Perhaps it is a problem or bug in the earlier version of scipy that has been fixed? My searches for anything like this have turned up nothing. Even if it IS the problem, it is not so easy to change versions of scipy on the cluster, although I can probably get the cluster admins to build the newer version if needed.

Is this likely to be the problem?


Solution

  • This is not because of Windows or the __main__ module. Nor is this how Python likes doing business. And, if you will re-check, I think you will find that it is a behavior of Python 2.6 and not 2.7 unless you are running a modified 2.7.

    You are entirely correct that the issue stems from the random-module initialization step in the multiprocessing.forking module — which is designed to prevent your process, when it forks to produce n workers, from creating workers that all step forward through exactly the same series of pseudo-random numbers (which could compromise security if, for example, they were all negotiating SSL connections using those numbers):

            if 'random' in sys.modules:
                import random
                random.seed()
    

    But the key here is to realize that the above import statement ought to be a no-op from a system-call point of view, because if a module name is already present as a key in the sys.modules dictionary then import simply returns the value that it finds there without trying to go load anything from the filesystem:

    >>> import sys
    >>> sys.modules['fake'] = 'Not even a module'
    >>> import fake
    >>> fake
    'Not even a module'
    

    The if statement quoted above, therefore, is specifically trying to prevent the expense of an extra import in the case that the random module has not even been loaded. When you do the experiment without scipy loaded up, the if statement body never even fires.

    So what is the problem?

    The problem is that older versions of Python before 2.7 let you mean two different things by saying import foo in a module that lives inside of a package: you might be attempting a relative import of the_package.foo, or you might be attempting an import of the top-level package foo. See PEP 328 for the details on why this ambiguous and expensive behavior has now been changed in more recent versions of Python:

    http://legacy.python.org/dev/peps/pep-0328/

    With this background, you can review your strace output and notice something that no one has yet mentioned in the answers here: the stat() and open() system calls listed are not trying to import the module random but the non-existent module named multiprocessing.random!
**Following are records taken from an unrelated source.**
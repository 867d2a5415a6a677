-- ===== src/Core/Backlog.antt =====
-- How long the backlog can grow.
use user_message_protocol.Base.{
  ℕ, ◌+◌, ◌≤◌, ◌≡◌, refl, subst, Option, none, some, ◌&&◌, ◌==◌, leb, leb→le, arith, if_both,
  if_cases,
}
use user_message_protocol.Base.Int.{pos}
use user_message_protocol.Packet.{UmpPacket, get_flag, ctrl_syn}
use user_message_protocol.Sock.{UmpSocket}
use user_message_protocol.Core.{
  UmpCore, their_addr_of, core_bind, test_sock, is_over, is_control, remove_at, drop_at,
}
use user_message_protocol.Core.Dispatch.{receive, receive_as, conclude, admit, find_receiver}
use user_message_protocol.Core.Connections.{
  begin_as, connect_begin, connect_end, scan, take_out, accept, take_off, settle_closed, close_at,
  close_end,
}
use user_message_protocol.Core.Clean.{clean}
use user_message_protocol.Core.Steps.{
  Step, by_packet, by_connect, by_connected, by_accept, by_close, by_cleaner, by_sock, Reach, here,
  step, bound_core,
}
use user_message_protocol.Core.Table.{SockAddr, GHashTable, IsTable, has}

module _ {D : Type 0} {h : GHashTable} where
  -- The backlog holds no more than one socket above its limit.
  pub record IsBounded (limit : ℕ) (c : UmpCore D h) : Type 0 where
    pub limit_kept : c.backlog_limit ≡ limit
    pub bounded : h.size c.backlog_umps ≤ limit + 1

module _ {h : GHashTable} (laws : IsTable h) where
  remove_at-size : (t : h.Table) (o : Option SockAddr) → h.size (remove_at h t o) ≤ h.size t
  remove_at-size t none = omega arith
  remove_at-size t (some a) = laws.size-remove t a

  drop_at-size : (t : h.Table) (a : SockAddr) → h.size (drop_at h t a) ≤ h.size t
  drop_at-size t a =
      if_both (λ (u : h.Table). h.size u ≤ h.size t) (has (h.lookup t a)) (laws.size-remove t a)
        (omega arith)

module _ {D : Type 0} {h : GHashTable} (laws : IsTable h) (n : ℕ) where
  -- A step with this backlog in place of the one before.
  shrunk :
      (c : UmpCore D h) (t : h.Table)
      → h.size t ≤ h.size c.backlog_umps
      → IsBounded n c
      → h.size t ≤ n + 1
  shrunk c t le b = omega (arith, le, b.bounded)

  admit-IsBounded :
      (fresh : UmpSocket D) (c : UmpCore D h) (from : SockAddr) (p : UmpPacket)
      → IsBounded n c
      → IsBounded n (admit fresh c from p).1
  unfolding admit
  admit-IsBounded fresh c from p b =
      let P : Option ℕ × UmpCore D h → Type 0 = λ r. IsBounded n r.1 in
      if_both P (is_control p.p_type && get_flag p ctrl_syn)
        (if_cases P (leb (h.size c.backlog_umps) c.backlog_limit)
          (λ e. record {
            limit_kept = b.limit_kept;
            bounded =
                omega
                  (arith, b.limit_kept, leb→le _ _ e, laws.size-insert c.backlog_umps from c.next);
          })
          (λ _. record { limit_kept = b.limit_kept; bounded = b.bounded }))
        b

  conclude-IsBounded :
      (from : SockAddr) (p : UmpPacket) (r : Option ℕ × UmpCore D h)
      → IsBounded n r.1
      → IsBounded n (conclude from p r)
  conclude-IsBounded from p (none, c) b = record { limit_kept = b.limit_kept; bounded = b.bounded }
  conclude-IsBounded from p (some i, c) b = record {
    limit_kept = b.limit_kept;
    bounded = b.bounded;
  }

  receive_as-IsBounded :
      (o : Option ℕ) (fresh : UmpSocket D) (c : UmpCore D h) (from : SockAddr) (p : UmpPacket)
      → IsBounded n c
      → IsBounded n (receive_as o fresh c from p)
  receive_as-IsBounded (some i) fresh c from p b = record {
    limit_kept = b.limit_kept;
    bounded = b.bounded;
  }
  receive_as-IsBounded none fresh c from p b =
      conclude-IsBounded from p _ (admit-IsBounded fresh c from p b)

  begin_as-IsBounded :
      (o : Option ℕ) (fresh : UmpSocket D) (c : UmpCore D h) (addr : SockAddr)
      → IsBounded n c
      → IsBounded n (begin_as o fresh c addr).1
  begin_as-IsBounded none fresh c addr b = record { limit_kept = b.limit_kept; bounded = b.bounded }
  begin_as-IsBounded (some i) fresh c addr b =
      let less = shrunk c (h.remove c.backlog_umps addr) (laws.size-remove c.backlog_umps addr) b in
      if_both (λ (r : Option ℕ × UmpCore D h). IsBounded n r.1)
        (test_sock (λ s. is_over s.public_state) (c.socks i))
        (record { limit_kept = b.limit_kept; bounded = less })
        (record { limit_kept = b.limit_kept; bounded = less })

  take_out-IsBounded : (c : UmpCore D h) (o : Option ℕ) → IsBounded n c → IsBounded n (take_out c o)
  take_out-IsBounded c none b = b
  take_out-IsBounded c (some i) b = record {
    limit_kept = b.limit_kept;
    bounded = shrunk c _ (remove_at-size laws c.backlog_umps (their_addr_of (c.socks i))) b;
  }

  settle_closed-IsBounded :
      (o : Option ℕ) (c : UmpCore D h) (i : ℕ) → IsBounded n c → IsBounded n (settle_closed o c i)
  settle_closed-IsBounded none c i b = record { limit_kept = b.limit_kept; bounded = b.bounded }
  settle_closed-IsBounded (some j) c i b =
      if_both (IsBounded n) (j == i) b (record { limit_kept = b.limit_kept; bounded = b.bounded })

  close_at-IsBounded :
      (o : Option SockAddr) (c : UmpCore D h) (i : ℕ) → IsBounded n c → IsBounded n (close_at o c i)
  close_at-IsBounded none c i b = b
  close_at-IsBounded (some a) c i b =
      settle_closed-IsBounded (h.lookup (take_off c a).umps a) (take_off c a) i (record {
        limit_kept = b.limit_kept;
        bounded = shrunk c _ (drop_at-size laws c.backlog_umps a) b;
      })

  Step-IsBounded : {c d : UmpCore D h} → Step c d → IsBounded n c → IsBounded n d
  unfolding receive connect_begin connect_end accept close_end clean
  Step-IsBounded {c} (by_packet fresh from p) b =
      receive_as-IsBounded (find_receiver c from) fresh c from p b
  Step-IsBounded {c} (by_connect fresh addr) b =
      let P : Option ℕ × UmpCore D h → Type 0 = λ r. IsBounded n r.1 in
      if_both P (has (h.lookup c.act_connect addr)) b (
        if_both P (has (h.lookup c.umps addr)) b (
          if_both P (has (h.lookup c.closed_umps addr)) b
            (begin_as-IsBounded (h.lookup c.backlog_umps addr) fresh c addr b)))
  Step-IsBounded {c} (by_connected addr i ok e) b =
      if_both (λ (r : Option ℕ × UmpCore D h). IsBounded n r.1) ok
        (record { limit_kept = b.limit_kept; bounded = b.bounded })
        (record { limit_kept = b.limit_kept; bounded = b.bounded })
  Step-IsBounded {c} by_accept b = take_out-IsBounded c (scan c none (h.values c.backlog_umps)) b
  Step-IsBounded {c} (by_close addr i e) b = close_at-IsBounded (their_addr_of (c.socks i)) c i b
  Step-IsBounded {c} (by_cleaner clock cur) b = record {
    limit_kept = b.limit_kept;
    bounded = shrunk c _ (laws.size-foreach_remove c.backlog_umps _) b;
  }
  Step-IsBounded {c} (by_sock f i) b = record { limit_kept = b.limit_kept; bounded = b.bounded }

  Reach-IsBounded : {c d : UmpCore D h} → Reach c d → IsBounded n c → IsBounded n d
  Reach-IsBounded here b = b
  Reach-IsBounded (step r k) b = Step-IsBounded k (Reach-IsBounded r b)

  -- However many connections are asked for, the backlog of a core that was made for n connections
  -- never holds more than n + 1 sockets.
  pub backlog-IsBounded :
      {c d : UmpCore D h} → core_bind (pos n) ≡ some c → Reach c d → IsBounded n d
  backlog-IsBounded {c} e r = Reach-IsBounded r (
      subst (IsBounded n) (bound_core n c e)
        (record { limit_kept = refl; bounded = omega (arith, laws.size-new) }))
    This is the crucial reason that an additional import is being attempted even though random is already listed in sys.modules — because before Python 2.6 is allowed to fall back to the assumption that the import statement is really aiming to import random, it has to eliminate the possibility that it is instead attempting a relative import of multiprocessing.random since the import statement appears in the code of the multiprocessing.forking sub-module.

    The programmer ought really to have said sys.modules['random'].seed() instead of trying a fresh import to spare you those extra system calls. But hopefully you will not be troubled long by this behavior, once you have the chance to upgrade to a more recent version of Python.